EXERCISE OBJECTIVE:
Every line from the one containing "(sym (db.commit-passes ws t) ∙ y)" to the one containing "inr again ↦" in the records below, both included, must be set down exactly, and no other line.

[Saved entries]
-- -- --

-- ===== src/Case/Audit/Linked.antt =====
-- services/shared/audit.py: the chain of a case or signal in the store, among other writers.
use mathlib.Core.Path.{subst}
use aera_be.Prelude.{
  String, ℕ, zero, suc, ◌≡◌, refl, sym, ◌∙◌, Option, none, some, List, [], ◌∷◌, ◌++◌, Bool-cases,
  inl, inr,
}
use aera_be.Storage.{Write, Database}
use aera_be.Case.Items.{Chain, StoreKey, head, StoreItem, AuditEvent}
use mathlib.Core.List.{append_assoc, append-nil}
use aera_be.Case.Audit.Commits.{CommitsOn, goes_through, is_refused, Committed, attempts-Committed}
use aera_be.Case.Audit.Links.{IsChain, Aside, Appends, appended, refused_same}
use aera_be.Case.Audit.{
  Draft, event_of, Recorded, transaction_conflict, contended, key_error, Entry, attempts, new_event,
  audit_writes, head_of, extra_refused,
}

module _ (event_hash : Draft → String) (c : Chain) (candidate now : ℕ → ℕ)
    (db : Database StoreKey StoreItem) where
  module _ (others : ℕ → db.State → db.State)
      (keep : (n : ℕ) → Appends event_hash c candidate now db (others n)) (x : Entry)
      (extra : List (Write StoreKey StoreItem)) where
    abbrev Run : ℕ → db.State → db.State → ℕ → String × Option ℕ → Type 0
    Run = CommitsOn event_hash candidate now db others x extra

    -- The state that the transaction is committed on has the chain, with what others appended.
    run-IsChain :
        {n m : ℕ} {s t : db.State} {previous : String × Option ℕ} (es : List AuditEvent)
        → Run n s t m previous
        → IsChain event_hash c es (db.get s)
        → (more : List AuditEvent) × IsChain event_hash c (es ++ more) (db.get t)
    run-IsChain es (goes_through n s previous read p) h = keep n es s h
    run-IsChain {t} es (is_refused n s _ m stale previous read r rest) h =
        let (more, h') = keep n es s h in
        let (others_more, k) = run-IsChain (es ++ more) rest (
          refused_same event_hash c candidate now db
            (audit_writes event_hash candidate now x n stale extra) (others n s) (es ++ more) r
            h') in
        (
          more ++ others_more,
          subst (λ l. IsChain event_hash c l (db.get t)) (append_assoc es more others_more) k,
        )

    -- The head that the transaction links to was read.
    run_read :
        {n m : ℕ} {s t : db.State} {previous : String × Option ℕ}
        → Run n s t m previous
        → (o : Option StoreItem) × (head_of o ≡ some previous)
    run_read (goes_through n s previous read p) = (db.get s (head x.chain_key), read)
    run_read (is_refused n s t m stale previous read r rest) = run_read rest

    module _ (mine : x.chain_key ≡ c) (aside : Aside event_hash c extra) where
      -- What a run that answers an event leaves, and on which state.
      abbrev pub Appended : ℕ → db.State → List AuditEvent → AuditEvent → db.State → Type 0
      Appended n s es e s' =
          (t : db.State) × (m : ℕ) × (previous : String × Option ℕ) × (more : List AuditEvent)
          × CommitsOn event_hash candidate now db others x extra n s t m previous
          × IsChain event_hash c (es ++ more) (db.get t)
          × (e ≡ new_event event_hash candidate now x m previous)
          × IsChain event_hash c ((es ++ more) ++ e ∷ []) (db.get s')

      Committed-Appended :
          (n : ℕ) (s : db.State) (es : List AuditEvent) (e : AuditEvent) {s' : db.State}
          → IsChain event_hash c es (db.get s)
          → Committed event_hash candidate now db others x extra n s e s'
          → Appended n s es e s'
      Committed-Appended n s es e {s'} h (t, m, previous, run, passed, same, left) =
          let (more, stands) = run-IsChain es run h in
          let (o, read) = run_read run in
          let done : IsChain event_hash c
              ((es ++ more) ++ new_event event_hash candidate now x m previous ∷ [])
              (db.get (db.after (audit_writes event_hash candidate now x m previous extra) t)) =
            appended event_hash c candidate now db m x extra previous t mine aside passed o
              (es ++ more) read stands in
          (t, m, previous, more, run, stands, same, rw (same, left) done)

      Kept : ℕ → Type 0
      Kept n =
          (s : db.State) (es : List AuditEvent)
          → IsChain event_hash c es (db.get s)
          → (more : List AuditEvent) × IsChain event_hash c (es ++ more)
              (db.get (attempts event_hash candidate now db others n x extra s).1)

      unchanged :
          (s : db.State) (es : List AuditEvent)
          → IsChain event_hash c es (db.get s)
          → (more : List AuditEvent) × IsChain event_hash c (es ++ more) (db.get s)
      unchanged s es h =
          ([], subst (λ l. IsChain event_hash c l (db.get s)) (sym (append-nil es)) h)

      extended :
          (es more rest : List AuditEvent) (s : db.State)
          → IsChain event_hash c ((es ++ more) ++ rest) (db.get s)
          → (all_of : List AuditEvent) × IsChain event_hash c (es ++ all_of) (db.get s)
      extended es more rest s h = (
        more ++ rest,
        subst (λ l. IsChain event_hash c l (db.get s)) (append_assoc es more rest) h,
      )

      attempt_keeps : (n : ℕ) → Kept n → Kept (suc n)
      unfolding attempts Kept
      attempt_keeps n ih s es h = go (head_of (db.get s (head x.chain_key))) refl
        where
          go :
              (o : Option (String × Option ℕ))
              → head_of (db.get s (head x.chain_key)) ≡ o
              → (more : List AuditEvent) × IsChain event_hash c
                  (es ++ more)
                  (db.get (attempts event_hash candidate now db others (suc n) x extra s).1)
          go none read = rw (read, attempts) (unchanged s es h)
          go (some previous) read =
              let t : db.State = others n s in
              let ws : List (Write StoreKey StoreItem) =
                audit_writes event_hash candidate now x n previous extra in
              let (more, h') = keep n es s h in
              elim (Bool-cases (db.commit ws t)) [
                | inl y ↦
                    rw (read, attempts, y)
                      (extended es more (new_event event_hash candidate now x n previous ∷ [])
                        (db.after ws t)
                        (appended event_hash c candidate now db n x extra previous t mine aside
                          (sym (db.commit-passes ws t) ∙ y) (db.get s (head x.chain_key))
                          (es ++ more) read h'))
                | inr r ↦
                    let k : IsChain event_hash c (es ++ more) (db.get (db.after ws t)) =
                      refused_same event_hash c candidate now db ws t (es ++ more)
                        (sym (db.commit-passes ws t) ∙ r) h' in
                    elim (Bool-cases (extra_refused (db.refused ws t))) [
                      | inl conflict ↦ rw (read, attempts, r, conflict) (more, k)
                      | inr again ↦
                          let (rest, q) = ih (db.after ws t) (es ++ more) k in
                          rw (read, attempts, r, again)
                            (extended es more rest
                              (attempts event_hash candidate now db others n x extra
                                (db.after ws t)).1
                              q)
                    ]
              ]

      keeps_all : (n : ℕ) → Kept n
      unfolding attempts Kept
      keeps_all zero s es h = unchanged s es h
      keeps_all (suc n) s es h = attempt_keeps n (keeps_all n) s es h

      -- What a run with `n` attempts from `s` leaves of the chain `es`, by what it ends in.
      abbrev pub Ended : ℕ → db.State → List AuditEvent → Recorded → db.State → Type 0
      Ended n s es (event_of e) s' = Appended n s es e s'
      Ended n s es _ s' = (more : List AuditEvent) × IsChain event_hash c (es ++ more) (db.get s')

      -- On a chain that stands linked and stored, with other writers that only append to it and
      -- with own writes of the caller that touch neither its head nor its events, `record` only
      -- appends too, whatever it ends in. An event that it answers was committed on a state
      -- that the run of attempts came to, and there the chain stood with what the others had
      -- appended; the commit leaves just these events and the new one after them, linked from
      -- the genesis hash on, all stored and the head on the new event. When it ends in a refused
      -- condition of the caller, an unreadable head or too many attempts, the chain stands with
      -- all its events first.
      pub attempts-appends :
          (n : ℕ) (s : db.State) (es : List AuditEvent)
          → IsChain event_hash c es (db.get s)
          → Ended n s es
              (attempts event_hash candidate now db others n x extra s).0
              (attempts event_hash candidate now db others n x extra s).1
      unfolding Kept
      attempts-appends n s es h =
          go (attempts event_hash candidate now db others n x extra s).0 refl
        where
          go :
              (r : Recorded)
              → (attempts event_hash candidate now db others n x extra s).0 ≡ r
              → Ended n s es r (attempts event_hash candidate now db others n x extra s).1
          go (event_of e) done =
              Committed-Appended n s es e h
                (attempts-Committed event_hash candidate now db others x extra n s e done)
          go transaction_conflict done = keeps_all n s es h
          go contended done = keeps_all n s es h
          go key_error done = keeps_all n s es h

-- -- --

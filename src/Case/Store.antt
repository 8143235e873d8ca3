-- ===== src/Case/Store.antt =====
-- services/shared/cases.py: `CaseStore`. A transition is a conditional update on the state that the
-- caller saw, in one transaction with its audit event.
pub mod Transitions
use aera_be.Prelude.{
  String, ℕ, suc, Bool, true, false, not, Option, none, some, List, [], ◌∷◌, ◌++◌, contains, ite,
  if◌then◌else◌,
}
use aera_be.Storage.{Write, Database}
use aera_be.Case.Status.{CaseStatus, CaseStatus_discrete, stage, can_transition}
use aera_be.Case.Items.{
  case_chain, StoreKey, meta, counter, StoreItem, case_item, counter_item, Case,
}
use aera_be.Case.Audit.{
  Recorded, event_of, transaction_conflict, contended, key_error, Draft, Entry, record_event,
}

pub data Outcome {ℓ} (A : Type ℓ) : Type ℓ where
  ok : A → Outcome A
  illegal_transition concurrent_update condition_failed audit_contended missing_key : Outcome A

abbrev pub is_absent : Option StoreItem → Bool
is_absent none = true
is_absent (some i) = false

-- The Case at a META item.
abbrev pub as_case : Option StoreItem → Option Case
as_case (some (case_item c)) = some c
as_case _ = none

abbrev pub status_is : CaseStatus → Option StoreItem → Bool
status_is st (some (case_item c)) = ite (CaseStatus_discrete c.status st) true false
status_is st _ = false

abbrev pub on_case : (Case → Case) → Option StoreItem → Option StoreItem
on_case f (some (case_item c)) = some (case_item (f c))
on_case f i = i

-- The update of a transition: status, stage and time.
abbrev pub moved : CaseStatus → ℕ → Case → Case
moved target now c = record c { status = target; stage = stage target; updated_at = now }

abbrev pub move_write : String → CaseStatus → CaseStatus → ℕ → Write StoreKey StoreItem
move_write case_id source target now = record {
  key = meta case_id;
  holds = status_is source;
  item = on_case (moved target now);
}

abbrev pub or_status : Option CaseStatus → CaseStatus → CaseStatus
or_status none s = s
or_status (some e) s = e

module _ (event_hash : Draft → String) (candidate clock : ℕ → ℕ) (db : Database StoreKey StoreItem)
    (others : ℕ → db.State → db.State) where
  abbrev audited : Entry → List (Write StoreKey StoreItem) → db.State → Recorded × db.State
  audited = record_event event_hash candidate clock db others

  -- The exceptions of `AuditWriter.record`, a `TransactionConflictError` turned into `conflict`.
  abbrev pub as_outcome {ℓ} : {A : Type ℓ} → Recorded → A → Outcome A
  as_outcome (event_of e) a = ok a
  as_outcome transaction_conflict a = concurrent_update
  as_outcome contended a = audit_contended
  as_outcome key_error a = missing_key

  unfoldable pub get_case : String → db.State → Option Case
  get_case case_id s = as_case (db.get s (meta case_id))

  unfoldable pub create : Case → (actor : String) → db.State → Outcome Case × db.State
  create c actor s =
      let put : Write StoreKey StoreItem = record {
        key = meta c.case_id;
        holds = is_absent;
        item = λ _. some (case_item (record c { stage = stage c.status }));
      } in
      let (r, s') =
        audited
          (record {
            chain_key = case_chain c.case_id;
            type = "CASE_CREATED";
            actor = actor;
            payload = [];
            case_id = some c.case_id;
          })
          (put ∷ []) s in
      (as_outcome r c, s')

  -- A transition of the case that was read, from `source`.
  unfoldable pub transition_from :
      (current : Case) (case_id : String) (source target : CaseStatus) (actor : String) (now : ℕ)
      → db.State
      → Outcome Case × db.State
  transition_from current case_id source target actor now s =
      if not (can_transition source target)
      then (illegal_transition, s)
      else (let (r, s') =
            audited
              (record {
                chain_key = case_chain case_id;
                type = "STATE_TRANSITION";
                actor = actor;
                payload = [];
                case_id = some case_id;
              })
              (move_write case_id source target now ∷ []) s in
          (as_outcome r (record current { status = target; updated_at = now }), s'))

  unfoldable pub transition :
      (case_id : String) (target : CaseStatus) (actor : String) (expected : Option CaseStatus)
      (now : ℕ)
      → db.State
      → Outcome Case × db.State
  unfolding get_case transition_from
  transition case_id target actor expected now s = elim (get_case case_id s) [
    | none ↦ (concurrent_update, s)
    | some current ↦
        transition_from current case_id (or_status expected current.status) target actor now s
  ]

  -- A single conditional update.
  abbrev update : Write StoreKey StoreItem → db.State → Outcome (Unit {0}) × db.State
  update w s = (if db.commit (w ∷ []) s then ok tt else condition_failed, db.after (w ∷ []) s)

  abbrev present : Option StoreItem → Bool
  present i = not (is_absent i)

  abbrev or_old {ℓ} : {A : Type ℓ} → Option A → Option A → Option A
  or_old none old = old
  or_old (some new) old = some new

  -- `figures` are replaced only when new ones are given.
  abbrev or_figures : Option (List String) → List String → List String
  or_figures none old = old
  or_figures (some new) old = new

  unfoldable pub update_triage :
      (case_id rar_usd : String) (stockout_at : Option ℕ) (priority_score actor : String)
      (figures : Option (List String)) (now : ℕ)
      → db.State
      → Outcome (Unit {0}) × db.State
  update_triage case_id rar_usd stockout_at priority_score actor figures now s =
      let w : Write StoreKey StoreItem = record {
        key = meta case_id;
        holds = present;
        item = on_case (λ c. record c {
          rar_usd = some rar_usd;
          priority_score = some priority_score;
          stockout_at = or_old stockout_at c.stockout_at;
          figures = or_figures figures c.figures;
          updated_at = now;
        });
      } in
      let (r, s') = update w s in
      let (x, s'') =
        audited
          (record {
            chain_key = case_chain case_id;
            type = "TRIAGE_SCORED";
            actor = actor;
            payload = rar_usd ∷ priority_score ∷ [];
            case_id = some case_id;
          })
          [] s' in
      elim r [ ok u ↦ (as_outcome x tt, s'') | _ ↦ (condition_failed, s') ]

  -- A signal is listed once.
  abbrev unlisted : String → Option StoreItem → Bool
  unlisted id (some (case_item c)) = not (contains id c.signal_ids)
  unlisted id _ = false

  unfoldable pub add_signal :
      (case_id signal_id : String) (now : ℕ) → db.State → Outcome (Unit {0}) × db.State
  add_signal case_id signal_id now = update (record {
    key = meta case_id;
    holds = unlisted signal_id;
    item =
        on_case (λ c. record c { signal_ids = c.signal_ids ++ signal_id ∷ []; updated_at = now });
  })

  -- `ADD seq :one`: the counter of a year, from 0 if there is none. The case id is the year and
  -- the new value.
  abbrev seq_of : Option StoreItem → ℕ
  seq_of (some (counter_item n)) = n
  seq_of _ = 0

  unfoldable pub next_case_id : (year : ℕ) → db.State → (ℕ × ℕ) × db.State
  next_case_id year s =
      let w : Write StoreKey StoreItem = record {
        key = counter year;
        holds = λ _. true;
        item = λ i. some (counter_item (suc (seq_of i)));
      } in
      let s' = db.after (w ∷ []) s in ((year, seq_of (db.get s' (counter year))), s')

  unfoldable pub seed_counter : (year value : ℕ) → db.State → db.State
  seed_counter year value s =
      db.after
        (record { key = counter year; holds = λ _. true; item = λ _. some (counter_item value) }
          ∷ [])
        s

-- -- --

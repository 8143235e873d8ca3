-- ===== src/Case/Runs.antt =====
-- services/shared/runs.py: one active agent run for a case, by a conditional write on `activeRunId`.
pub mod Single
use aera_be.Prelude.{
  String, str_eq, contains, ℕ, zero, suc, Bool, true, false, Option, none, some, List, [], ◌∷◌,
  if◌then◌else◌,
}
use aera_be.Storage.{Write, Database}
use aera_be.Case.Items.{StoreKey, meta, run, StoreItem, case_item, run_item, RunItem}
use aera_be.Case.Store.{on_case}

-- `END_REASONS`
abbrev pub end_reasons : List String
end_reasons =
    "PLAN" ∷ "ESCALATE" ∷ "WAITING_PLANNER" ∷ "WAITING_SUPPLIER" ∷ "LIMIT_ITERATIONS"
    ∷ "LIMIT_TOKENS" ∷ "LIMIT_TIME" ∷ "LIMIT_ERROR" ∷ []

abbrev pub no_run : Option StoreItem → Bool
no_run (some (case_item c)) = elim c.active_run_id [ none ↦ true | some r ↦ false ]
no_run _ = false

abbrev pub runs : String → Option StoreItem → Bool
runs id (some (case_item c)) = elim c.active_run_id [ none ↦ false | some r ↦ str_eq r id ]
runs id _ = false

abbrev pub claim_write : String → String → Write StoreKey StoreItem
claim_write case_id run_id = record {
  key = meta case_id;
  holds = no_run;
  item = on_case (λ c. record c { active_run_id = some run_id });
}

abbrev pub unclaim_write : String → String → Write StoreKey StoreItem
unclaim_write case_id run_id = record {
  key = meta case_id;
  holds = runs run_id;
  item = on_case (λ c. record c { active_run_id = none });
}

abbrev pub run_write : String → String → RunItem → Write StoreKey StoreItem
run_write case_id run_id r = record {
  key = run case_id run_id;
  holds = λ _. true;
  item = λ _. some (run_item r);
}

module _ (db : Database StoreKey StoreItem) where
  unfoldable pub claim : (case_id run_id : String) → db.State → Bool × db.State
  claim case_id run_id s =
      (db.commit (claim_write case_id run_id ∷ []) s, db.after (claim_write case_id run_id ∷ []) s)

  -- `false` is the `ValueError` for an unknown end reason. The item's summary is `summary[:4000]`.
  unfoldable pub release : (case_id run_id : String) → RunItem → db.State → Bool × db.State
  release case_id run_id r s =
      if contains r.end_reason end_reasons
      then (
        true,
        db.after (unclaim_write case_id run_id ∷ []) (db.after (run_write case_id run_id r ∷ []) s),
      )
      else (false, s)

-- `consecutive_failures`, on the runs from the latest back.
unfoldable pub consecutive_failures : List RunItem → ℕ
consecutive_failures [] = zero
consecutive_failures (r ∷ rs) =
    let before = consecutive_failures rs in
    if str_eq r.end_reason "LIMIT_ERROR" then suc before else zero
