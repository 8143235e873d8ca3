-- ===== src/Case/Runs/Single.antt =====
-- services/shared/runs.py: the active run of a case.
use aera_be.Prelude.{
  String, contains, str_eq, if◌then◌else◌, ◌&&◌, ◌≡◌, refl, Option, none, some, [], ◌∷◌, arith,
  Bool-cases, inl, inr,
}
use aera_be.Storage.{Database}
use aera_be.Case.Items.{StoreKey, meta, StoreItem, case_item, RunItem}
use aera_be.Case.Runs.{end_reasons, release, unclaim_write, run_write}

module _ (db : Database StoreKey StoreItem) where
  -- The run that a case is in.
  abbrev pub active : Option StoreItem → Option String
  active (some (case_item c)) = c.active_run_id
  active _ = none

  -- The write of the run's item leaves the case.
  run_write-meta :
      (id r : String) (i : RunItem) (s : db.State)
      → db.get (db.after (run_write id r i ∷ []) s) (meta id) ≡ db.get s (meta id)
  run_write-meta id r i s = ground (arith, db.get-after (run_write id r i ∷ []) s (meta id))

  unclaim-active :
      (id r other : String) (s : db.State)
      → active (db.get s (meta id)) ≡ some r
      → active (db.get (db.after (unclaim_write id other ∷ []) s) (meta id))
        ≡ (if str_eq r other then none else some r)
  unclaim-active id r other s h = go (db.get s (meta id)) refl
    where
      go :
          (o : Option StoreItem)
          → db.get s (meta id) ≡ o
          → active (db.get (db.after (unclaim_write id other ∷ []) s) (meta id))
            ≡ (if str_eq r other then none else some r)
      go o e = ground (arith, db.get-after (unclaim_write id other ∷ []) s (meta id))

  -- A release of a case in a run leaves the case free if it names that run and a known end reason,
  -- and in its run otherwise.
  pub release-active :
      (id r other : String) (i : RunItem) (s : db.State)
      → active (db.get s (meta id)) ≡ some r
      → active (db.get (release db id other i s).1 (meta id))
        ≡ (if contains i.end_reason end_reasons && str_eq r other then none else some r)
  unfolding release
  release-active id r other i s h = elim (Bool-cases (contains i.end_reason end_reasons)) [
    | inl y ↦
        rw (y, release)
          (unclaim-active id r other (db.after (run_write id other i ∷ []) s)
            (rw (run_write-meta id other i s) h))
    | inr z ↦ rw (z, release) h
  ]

-- -- --

EXERCISE RESPONSE:
                          (sym (db.commit-passes ws t) ∙ y) (db.get s (head x.chain_key))
                          (es ++ more) read h'))
                | inr r ↦
                    let k : IsChain event_hash c (es ++ more) (db.get (db.after ws t)) =
                      refused_same event_hash c candidate now db ws t (es ++ more)
                        (sym (db.commit-passes ws t) ∙ r) h' in
                    elim (Bool-cases (extra_refused (db.refused ws t))) [
                      | inl conflict ↦ rw (read, attempts, r, conflict) (more, k)
                      | inr again ↦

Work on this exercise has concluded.